The second patch is to make the key manager use even without TDE. The
idea of this patch is to help the incremental development of TDE.
There was a discussion that since the development of both the key
manager and TDE will take a long time, it’s better to make the key
manager work alone by providing SQL interfaces to it. This patch adds
new SQL functions: pg_wrap() and pg_unwrap(), to wrap and unwrap the
arbitrary user secret by the encryption key called SQL internal key
which is managed and stored by the key manager. What this patch does
is to register the SQL internal key to the key manager and add SQL
functions that wrap and unwrap the given string in the same way of key
wrapping used by the key manager. These functions renamed to
pg_encrypt() and pg_decrypt().

Given that the purpose of the key manager is to help TDE, discussing
the SQL interface part (i.g., the second patch) deviates from the
original purpose. I think we should discuss the design and
implementation of the key manager first and then other additional
interfaces. So I’ve attached a new version patch and removed the
second patch part so that we can focus on only the key manager part.

>
> I'm lost, because if you want to do that you cannot easily use
> padding/HMAC and so because they would change block sizes, and probably
> you would use CRT instead of CBC to be able to decrypt data selectively.
>

The patch introducing TDE will add CTR mode. The padding/HMAC is for
only wrapping DEKs by the key manager. Since this patch adds only key
manager it has only the encryption methods it needs.

> So you certainly succeeded in confusing me deeply:-)
>
> > Aside from the security risk you mentioned, it was a natural design
> > decision for me that we have our key manager component in postgres core
> > that is responsible for managing encryption keys for our TDE.
>
> The patch really needs a README to explain what it really does, and why,
> and how, and what is the thread model, what are the choices (there should
> be as few as possible), how it can/could be extended.
>
> I've looked at the whole patch, and I could not find the place where files
> are actually encrypted/decrypted at a low level, that I would expect for
> file encryption implementation.

As I explained above, the patch introduces only the key manager which
will be a building block of TDE.

>
> > To make the key manager and TDE simple as much as possible, we discussed
> > that we will have cluster-wide TDE and key manager that manages a few
> > encryption keys used by TDE (e.g. one key for table/index encryption and
> > another key for WAL encryption), as the first step.
>
> Hmmm. Ok. So in fact all that is for TDE, *but* the patch does not do TDE,
> but provides a column-oriented SQL-level encryption, which is unrelated to
> your actual objective, which is to do file-level encryption in the end.
>
> However, for TDE, it may that you cannot do it with a pg extension because
> for the extension to work the database must work, which would require some
> "data" files not to be encrypted in the first place. That seems like a
> good argument to actually have something in core.
>
> Probably for TDE you only want the configuration file not to be encrypted.
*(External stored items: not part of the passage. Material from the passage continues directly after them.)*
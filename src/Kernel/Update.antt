-- ===== src/Kernel/Update.antt =====
-- What a write to one address leaves at the others.
use native.Mathlib.Decide.{ℕ_discrete}
use camellia.Base.{sym, ◌∙◌, ℕ, ◌≡◌, ◌≢◌, arith}
use camellia.Kernel.State.{update}

pub update_self {ℓ} : {A : Type ℓ} (f : ℕ → A) (p : ℕ) (v : A) → update f p v p ≡ v
update_self f p v = ground arith

pub update_at {ℓ} : {A : Type ℓ} (f : ℕ → A) (p q : ℕ) (v : A) → p ≡ q → update f p v q ≡ v
update_at f p q v e = ground (arith, e)

pub update_ne {ℓ} : {A : Type ℓ} (f : ℕ → A) (p q : ℕ) (v : A) → p ≢ q → update f p v q ≡ f q
update_ne f p q v h = ground arith

pub update_twice :
    {A : Type 0} (f : ℕ → A) (b : ℕ) (u v : A) (x : ℕ)
    → update (update f b u) b v x ≡ update f b v x
update_twice f b u v x = elim (ℕ_discrete b x) [
  | yes e ↦ update_at (update f b u) b x v e ∙ sym (update_at f b x v e)
  | no d ↦ update_ne (update f b u) b x v d ∙ update_ne f b x u d ∙ sym (update_ne f b x v d)
]
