-- ===== src/Lib.antt =====
-- Verification of the release updaters, of the streaming benchmark client, and of the checks of a
-- running server.
--
-- The repository packages ROCm, PyTorch and vLLM for AMD machines. Its Python programs are the
-- updaters under pkgs/therock/scripts, which read AMD's release indexes and git repositories and
-- write the pins that the Nix packages use, and the benchmark tools under lib/bench. The updaters
-- run one after another and meet in the pin files; the benchmark client talks to a running server
-- and appends to a CSV file; the glm53 checks of lib/bench ask a running server the same thing
-- twice, with and without its prefix cache, and compare; pkgs/vllm-metal/serve-smoke.py starts a
-- server of its own, asks it, and stops it.
--
-- Files:
-- - Prelude and its children: texts as lists of code points with the methods of Python's str,
--   dictionaries in the order of insertion, the stable sort, orders, decimal numerals, and lists
--   over the native numbers.
-- - Json: the values of Python's json.
-- - Version: version_key, public_package_version and in_rocm_series of
--   pkgs/therock/scripts/update-python-wheels.py; Version/Parse, Order, Prerelease and Series are
--   about them. update-rocm.py repeats version_key.
-- - Wheels: the data of pkgs/therock/scripts/update-python-wheels.py; Wheels/Filename has
--   parse_distribution and list_distributions, Wheels/Choose choose_rocm_version and
--   choose_distribution, Wheels/Retry the loops of fetch_index and prefetch, Wheels/Sources the
--   readings of the pin file, Wheels/Update main.
-- - Stream: lib/bench/vllm-stream-client.py; Stream/Consume has consume_stream, with the loop over
--   the lines as a recursion over the list of them, Stream/Stats percentile, Stream/Aggregate
--   stream_one and aggregate, Stream/Report append_csv and main.
-- - Tarball: pkgs/therock/scripts/update-rocm.py, with the greedy pattern of find_version as a
--   recursion over the text; Tarball/Version is about the chosen version, Tarball/Series compares
--   its test of a series with that of the wheels.
-- - SourcePin: pkgs/therock/scripts/update-rocm-source.py, which reads the lines of git ls-remote
--   with the find_ref of Tree/Git, as the two scripts repeat these loops; SourcePin/Pin is about
--   the file that a run writes.
-- - Tree: pkgs/therock/scripts/update-source-tree.py; Tree/Git has git_rev, submodules,
--   resolve_submodule and tree_commit, Tree/Names input_name and input_url, Tree/Flake input_lines,
--   update_flake_inputs and write_tree, Tree/Graph nested_specs and build_graph, with Loops,
--   Entries and Roots about its entries, Tree/Main resolve_source, update_sources_file,
--   enabled_root_paths and main.
-- - ThirdParty: sri, cmake_vars, expand and scan_archives of
--   pkgs/therock/scripts/update-rocm-third-party.py; ThirdParty/Reuse has ls_remote_peeled_tag and
--   source_hash, ThirdParty/Main parse_esmi_pin and main; ThirdParty/Archives is about what the
--   scan records.
-- - Stack: refresh of pkgs/therock/scripts/update-rocm-stack.py, as the list of the commands that
--   it runs up to the first one that fails; Stack/Plan is about their order.
-- - Bench: the checks of lib/bench. Bench/Script is their language: a function from the server's
--   state to a value and a state, or to the reason why the script stopped. Bench/Server is the
--   interface of the server and of floats, and the wait for its health; Bench/Numbers the largest
--   distance of two lists. Bench/Boundaries is glm53-cache-boundaries.py, with Agreement about what
--   a pass says and Complete about the servers that pass; Bench/Branches is
--   glm53-cache-branches.py, Bench/Consistency glm53-consistency.py, with First about the chosen
--   tokens and Verdict about its exit code, Bench/ContextCache glm53-context-cache.py, with Fit
--   about its search, Markers about its rows and Phases about its two answers, and Bench/ApiCheck
--   glm53-api-check.py, with Fragments, Gathered and Streamed about the streamed tool calls and
--   Conversation its main.
-- - Smoke: pkgs/vllm-metal/serve-smoke.py; Smoke/Greedy is about its reference, Ready about the
--   wait, Stopped about the finally clause, Verified about the verdict.
-- - Tests: the definitions on concrete inputs.
--
-- Correspondence. A function of the source is the function of the same name here. A loop is a
-- recursion over the list that it runs through. An exception is a value: an Option where nothing
-- tells the exceptions apart, Result, Step, Outcome, Ending or Exit where the source does. State
-- that a loop changes is an argument and a result, as the record Loop for consume_stream. A set is
-- the list of its members, and the order in which Python iterates over it is a parameter that lists
-- the same members.
--
-- Parameters. What is no code of the repository is an argument: the pages and the answers of nix by
-- address and try, what git prints for the checkout of a source, urllib.parse, shlex, hashlib,
-- json.loads and json.dumps of decoded values, str and int of decoded values, and the readings of
-- the clock by their number. A server, a process and an operating system are records of functions
-- on a state of their own, and a request that fails is a value. Theorems that need something of
-- them say so: that a clock does not go back, that an iteration lists the members.
--
-- Choices. Texts are ASCII where the source classifies characters, as in file names, versions and
-- git refs. Times are whole ticks of the clock and a quotient is an exact fraction, where the
-- source has floats. Numbers in JSON are non-negative integers. Floats of the checks of a server
-- are an interface with an order, a distance and the values that are not NaN. A file of
-- update-source-tree.py that cannot be opened for writing stays as it was and its write is an
-- exception; one that opens is written whole. Fuel occurs in the two loops of the search of
-- glm53-context-cache.py, where the number of doublings until a prompt exceeds the target is enough
-- for the first and the upper end for the second, in the wait of serve-smoke.py, where 182 rounds
-- are enough, in the printing of a decimal numeral, which gets one more than the number, and in
-- words, which splits at most as often as the text has characters; none runs out.
--
-- Not modelled: argparse, printing, threads other than by the order in which requests end, the
-- checks of GPU kernels under lib/bench, the Nix expressions, and run and fetch_repo of
-- update-source-tree.py.
pub mod Prelude
pub mod Json
pub mod Version
pub mod Wheels
pub mod Stream
pub mod Tree
pub mod Tarball
pub mod SourcePin
pub mod ThirdParty
pub mod Stack
pub mod Bench
pub mod Smoke
mod Tests
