-- ===== src/Bench.antt =====
-- The checks of lib/bench that compare a running server with itself: the script language they share,
-- and one child for each check.
pub mod Script
pub mod Server
pub mod Numbers
pub mod Boundaries
pub mod Branches
pub mod Consistency
pub mod ContextCache
pub mod ApiCheck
Yeah, for TDE, what we have discussed is to encrypt only tables,
indexes, temporary files, and WAL (and possibly other database files
that could have or help to infer user sensitive data). And each
table/index page first several bytes in the page header are not
encrypted.

>
> I'd still advocate to have the key management system possibly outside of
> pg, and have pg interact with it to get keys when needed. Probably key ids
> would be the relative file names in that case. The approach of
> externalizing encryption/decryption would be totally impractical for
> performance reasons, though.
>
> I see value in Cary Huang suggestion on the thread to have dynamically
> loaded functions implement an interface. That would at least allow to
> remove some hardcoded choices such as what cypher is actually used, key
> sizes, and so on. One possible implementation would be to manage things
> more or less internally as you do, another to fork an external command and
> talk with it to do the same.
>
> However, I do not share the actual interface briefly outlined: I do not
> thinkpg should have to care about key management functions such as
> rotation, generation or derivation, storage… the interest of pg should be
> limited to retrieving the keys it needs. That does not mean such functions
> do not have security value and should not be implemented, I'd say that it
> should not be visible/hardcoded in the pg/kms interface, especially if
> this interface is expected to be generic.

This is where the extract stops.